*Stored data entries*.
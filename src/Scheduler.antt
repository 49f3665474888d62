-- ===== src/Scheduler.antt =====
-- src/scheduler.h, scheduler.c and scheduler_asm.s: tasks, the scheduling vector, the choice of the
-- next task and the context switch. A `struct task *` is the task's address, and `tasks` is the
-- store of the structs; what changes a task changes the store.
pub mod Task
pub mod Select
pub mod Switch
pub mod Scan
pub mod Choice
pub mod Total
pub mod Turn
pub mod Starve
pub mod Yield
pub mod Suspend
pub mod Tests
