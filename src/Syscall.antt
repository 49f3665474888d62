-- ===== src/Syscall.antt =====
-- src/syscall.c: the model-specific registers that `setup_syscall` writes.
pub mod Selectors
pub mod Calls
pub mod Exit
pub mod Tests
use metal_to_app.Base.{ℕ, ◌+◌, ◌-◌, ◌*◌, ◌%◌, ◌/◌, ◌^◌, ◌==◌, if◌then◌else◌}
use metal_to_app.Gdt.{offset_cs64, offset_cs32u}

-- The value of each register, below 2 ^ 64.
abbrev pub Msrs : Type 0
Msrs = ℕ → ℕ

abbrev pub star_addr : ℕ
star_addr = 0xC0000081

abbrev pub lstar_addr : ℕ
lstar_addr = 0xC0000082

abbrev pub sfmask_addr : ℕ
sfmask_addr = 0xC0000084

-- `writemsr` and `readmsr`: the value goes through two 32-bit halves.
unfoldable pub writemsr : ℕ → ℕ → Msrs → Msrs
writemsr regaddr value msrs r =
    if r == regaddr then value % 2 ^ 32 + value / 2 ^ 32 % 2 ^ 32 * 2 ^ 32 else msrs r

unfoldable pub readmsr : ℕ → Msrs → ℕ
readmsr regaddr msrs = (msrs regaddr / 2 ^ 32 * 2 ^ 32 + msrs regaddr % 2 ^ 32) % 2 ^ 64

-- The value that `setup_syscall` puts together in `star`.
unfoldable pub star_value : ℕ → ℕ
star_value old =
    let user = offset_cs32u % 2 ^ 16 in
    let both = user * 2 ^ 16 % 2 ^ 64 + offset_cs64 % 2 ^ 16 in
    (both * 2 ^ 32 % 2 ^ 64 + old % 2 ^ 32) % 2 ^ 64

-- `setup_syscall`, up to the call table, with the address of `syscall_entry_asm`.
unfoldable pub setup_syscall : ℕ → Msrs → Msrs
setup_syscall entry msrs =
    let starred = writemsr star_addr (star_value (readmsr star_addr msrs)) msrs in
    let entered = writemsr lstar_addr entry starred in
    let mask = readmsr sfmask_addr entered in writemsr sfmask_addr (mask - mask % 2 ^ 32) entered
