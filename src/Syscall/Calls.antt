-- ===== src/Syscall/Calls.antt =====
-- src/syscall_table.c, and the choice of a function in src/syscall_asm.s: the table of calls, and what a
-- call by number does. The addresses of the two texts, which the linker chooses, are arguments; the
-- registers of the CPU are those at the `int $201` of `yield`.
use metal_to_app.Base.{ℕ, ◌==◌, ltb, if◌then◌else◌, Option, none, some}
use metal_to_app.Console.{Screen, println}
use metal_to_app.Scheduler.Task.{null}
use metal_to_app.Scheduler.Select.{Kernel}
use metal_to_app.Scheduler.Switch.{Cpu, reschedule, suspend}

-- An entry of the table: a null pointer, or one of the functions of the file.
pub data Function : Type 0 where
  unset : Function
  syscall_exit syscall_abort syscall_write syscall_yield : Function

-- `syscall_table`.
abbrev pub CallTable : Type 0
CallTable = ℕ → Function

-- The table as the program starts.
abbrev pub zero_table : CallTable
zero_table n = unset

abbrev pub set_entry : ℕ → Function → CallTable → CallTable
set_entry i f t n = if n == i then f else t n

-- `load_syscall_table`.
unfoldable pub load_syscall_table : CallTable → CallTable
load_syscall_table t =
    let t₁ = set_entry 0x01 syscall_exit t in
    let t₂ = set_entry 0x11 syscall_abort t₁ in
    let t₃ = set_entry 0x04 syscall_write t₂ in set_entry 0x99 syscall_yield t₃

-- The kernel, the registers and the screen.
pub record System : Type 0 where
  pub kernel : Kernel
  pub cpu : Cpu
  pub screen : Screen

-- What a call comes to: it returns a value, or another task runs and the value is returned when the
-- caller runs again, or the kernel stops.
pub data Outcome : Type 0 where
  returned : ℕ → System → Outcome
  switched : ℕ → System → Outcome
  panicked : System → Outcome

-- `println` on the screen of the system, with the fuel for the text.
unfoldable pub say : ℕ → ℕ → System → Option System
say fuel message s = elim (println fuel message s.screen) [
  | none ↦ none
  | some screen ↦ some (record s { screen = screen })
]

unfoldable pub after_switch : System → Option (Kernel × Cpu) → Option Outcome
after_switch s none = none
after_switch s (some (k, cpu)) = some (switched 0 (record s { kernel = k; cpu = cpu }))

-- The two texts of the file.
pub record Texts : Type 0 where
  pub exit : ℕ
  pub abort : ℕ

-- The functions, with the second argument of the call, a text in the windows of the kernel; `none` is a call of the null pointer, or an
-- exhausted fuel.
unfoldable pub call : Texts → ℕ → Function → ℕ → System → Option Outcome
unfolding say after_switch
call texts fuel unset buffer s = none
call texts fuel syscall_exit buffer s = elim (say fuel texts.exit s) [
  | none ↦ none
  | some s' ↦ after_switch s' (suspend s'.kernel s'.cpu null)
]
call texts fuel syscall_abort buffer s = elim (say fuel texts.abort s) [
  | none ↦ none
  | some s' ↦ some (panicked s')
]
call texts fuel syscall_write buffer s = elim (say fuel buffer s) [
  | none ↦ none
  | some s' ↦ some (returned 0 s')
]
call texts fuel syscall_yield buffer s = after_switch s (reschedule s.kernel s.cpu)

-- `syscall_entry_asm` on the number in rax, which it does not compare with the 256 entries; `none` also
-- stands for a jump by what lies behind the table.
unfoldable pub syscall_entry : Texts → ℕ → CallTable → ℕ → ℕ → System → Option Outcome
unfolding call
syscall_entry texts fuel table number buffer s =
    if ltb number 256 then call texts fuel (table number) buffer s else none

*What you will do*.
Looking at the data above, write out exactly the lines that start at the one containing "abbrev pub CallTable : Type 0" and end at the one containing "let t₃ = set_entry"; include both and nothing beyond.

*Answer to this problem*.
abbrev pub CallTable : Type 0
CallTable = ℕ → Function

-- The table as the program starts.
abbrev pub zero_table : CallTable
zero_table n = unset

abbrev pub set_entry : ℕ → Function → CallTable → CallTable
set_entry i f t n = if n == i then f else t n

-- `load_syscall_table`.
unfoldable pub load_syscall_table : CallTable → CallTable
load_syscall_table t =
    let t₁ = set_entry 0x01 syscall_exit t in
    let t₂ = set_entry 0x11 syscall_abort t₁ in
    let t₃ = set_entry 0x04 syscall_write t₂ in set_entry 0x99 syscall_yield t₃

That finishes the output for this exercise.